● **AIM OF THE TASK**: An exact transcription is needed, starting with the line that contains "abbrev idle_input : AnalogDevice small" and ending with the last line of the records.

•••

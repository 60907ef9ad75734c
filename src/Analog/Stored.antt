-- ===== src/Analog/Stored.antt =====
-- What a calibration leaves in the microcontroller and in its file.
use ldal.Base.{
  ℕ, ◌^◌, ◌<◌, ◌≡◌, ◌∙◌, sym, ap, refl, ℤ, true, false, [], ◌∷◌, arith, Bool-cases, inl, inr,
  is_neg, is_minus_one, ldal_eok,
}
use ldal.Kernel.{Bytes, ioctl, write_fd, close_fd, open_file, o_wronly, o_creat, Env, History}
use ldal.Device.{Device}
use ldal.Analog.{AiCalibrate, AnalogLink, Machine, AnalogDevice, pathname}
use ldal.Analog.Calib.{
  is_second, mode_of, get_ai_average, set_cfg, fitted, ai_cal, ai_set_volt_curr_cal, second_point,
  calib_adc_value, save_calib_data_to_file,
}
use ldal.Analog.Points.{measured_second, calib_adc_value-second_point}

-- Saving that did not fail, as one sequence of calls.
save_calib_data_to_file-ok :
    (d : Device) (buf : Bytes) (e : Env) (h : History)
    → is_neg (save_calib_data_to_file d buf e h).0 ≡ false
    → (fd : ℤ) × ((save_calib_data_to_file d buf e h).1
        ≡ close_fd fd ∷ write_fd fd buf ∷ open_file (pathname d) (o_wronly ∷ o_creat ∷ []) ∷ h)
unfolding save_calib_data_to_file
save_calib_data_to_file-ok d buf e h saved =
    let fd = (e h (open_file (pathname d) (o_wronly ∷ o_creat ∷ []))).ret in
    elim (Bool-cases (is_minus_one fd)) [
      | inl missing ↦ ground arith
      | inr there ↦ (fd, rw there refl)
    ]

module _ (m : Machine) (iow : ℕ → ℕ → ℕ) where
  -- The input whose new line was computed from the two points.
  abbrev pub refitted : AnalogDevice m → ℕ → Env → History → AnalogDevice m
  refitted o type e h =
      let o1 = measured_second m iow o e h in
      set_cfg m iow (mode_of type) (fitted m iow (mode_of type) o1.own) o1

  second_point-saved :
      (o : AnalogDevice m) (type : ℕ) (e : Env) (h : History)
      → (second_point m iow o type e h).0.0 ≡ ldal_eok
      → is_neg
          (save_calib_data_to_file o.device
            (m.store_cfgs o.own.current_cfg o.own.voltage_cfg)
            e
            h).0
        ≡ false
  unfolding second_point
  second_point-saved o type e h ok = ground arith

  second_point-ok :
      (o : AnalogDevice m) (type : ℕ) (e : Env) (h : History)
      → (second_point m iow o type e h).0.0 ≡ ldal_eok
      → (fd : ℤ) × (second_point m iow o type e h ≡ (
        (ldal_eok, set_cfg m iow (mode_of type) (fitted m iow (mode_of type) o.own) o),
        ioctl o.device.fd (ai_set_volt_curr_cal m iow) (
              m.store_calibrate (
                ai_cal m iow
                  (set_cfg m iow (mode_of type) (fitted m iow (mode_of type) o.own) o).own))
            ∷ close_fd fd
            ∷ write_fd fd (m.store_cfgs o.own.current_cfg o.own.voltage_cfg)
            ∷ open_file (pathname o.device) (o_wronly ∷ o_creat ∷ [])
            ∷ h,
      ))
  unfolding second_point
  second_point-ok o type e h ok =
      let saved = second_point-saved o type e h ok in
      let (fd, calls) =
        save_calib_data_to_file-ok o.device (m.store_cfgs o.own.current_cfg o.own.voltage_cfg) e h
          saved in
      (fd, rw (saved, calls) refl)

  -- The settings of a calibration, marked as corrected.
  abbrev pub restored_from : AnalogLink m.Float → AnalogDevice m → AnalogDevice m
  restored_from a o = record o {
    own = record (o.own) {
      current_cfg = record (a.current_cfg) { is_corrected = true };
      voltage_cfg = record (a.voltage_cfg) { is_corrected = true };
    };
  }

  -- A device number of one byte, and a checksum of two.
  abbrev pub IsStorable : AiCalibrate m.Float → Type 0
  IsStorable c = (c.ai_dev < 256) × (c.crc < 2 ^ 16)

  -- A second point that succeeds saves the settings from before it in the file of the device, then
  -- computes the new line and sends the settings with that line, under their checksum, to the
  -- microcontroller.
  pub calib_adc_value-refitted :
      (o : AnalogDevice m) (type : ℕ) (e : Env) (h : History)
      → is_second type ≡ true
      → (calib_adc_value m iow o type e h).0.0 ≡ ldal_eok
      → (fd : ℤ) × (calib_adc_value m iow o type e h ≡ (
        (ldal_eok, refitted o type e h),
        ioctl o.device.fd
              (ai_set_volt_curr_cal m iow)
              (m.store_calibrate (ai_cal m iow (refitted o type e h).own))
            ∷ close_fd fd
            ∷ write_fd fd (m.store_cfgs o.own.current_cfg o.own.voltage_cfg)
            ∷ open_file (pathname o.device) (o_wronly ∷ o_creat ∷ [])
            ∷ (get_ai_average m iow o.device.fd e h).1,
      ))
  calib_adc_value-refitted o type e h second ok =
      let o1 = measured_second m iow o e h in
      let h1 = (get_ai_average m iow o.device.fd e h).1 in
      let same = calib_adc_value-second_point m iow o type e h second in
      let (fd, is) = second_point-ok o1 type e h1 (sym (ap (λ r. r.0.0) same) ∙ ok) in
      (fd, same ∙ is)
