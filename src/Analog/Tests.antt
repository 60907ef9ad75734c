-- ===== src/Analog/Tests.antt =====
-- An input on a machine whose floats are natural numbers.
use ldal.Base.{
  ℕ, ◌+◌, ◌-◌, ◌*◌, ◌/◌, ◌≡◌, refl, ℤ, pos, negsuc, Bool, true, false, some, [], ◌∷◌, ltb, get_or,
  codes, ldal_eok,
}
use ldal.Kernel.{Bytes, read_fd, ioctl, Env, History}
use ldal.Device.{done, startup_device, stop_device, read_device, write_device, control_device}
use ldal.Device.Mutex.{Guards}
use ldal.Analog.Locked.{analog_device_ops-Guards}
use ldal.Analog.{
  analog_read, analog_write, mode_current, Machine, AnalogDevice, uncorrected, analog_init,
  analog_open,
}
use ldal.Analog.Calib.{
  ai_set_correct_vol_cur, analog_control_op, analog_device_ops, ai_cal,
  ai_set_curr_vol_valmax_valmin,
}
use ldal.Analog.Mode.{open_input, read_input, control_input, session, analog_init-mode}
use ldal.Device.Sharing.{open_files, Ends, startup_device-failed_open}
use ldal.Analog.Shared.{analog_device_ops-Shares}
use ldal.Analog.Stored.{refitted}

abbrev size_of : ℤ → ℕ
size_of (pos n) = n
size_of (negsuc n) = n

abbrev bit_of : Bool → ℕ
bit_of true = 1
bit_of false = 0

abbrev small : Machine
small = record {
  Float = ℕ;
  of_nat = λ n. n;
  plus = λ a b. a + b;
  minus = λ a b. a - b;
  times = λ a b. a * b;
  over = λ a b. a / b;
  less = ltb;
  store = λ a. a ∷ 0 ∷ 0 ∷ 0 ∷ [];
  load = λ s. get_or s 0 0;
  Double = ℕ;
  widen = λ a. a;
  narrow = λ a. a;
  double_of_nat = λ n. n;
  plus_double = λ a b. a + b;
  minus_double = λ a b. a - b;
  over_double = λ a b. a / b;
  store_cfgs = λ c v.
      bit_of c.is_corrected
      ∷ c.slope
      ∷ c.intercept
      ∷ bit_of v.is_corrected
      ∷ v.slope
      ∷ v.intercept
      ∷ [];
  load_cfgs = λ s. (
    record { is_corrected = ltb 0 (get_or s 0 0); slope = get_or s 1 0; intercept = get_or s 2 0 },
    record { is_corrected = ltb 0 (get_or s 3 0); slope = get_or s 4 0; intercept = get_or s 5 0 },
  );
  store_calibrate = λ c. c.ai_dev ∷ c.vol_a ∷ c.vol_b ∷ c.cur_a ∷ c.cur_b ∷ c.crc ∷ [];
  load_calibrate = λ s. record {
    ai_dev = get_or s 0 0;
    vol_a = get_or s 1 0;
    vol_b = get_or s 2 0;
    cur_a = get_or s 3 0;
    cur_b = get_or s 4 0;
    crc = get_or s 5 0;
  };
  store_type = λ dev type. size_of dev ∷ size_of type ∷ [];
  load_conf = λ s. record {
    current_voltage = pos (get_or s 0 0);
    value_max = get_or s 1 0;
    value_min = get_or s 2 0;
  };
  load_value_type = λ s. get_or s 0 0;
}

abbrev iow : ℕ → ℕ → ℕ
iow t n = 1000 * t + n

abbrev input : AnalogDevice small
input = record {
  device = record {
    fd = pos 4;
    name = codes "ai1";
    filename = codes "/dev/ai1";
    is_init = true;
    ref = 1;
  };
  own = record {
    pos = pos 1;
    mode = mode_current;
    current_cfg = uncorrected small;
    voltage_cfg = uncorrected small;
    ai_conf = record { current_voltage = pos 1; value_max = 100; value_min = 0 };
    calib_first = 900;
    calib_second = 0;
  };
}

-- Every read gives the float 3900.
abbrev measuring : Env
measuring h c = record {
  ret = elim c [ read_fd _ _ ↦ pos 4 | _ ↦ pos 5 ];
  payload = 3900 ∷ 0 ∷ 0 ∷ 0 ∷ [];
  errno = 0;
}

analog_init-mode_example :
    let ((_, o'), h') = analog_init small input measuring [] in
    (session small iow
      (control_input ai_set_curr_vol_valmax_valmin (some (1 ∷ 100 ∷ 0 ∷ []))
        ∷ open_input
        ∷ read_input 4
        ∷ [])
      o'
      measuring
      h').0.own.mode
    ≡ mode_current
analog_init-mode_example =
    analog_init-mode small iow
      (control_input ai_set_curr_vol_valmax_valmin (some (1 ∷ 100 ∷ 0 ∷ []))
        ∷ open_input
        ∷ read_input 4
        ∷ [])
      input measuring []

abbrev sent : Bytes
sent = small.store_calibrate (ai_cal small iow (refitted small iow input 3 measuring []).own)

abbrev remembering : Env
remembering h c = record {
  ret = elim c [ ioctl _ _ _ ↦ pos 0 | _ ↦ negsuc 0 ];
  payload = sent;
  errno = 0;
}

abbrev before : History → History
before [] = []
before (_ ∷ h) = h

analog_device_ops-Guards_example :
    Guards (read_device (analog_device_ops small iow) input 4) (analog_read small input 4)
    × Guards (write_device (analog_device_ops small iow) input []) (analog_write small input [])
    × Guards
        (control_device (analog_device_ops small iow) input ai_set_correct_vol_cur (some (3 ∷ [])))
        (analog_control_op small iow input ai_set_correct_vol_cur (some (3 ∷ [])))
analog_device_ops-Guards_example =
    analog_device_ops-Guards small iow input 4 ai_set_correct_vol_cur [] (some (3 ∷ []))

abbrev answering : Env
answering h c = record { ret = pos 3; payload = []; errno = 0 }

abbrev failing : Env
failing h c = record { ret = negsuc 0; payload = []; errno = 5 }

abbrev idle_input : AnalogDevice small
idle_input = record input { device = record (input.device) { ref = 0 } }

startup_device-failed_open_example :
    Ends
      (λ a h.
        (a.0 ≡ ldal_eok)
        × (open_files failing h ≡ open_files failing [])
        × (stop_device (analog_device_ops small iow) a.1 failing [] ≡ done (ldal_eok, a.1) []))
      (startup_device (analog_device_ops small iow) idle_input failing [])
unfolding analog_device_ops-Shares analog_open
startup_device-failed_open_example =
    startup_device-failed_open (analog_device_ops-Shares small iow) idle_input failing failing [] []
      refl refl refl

•••

● **EXERCISE ANSWER**:
abbrev idle_input : AnalogDevice small
idle_input = record input { device = record (input.device) { ref = 0 } }

startup_device-failed_open_example :
    Ends
      (λ a h.
        (a.0 ≡ ldal_eok)
        × (open_files failing h ≡ open_files failing [])
        × (stop_device (analog_device_ops small iow) a.1 failing [] ≡ done (ldal_eok, a.1) []))
      (startup_device (analog_device_ops small iow) idle_input failing [])
unfolding analog_device_ops-Shares analog_open
startup_device-failed_open_example =
    startup_device-failed_open (analog_device_ops-Shares small iow) idle_input failing failing [] []
      refl refl refl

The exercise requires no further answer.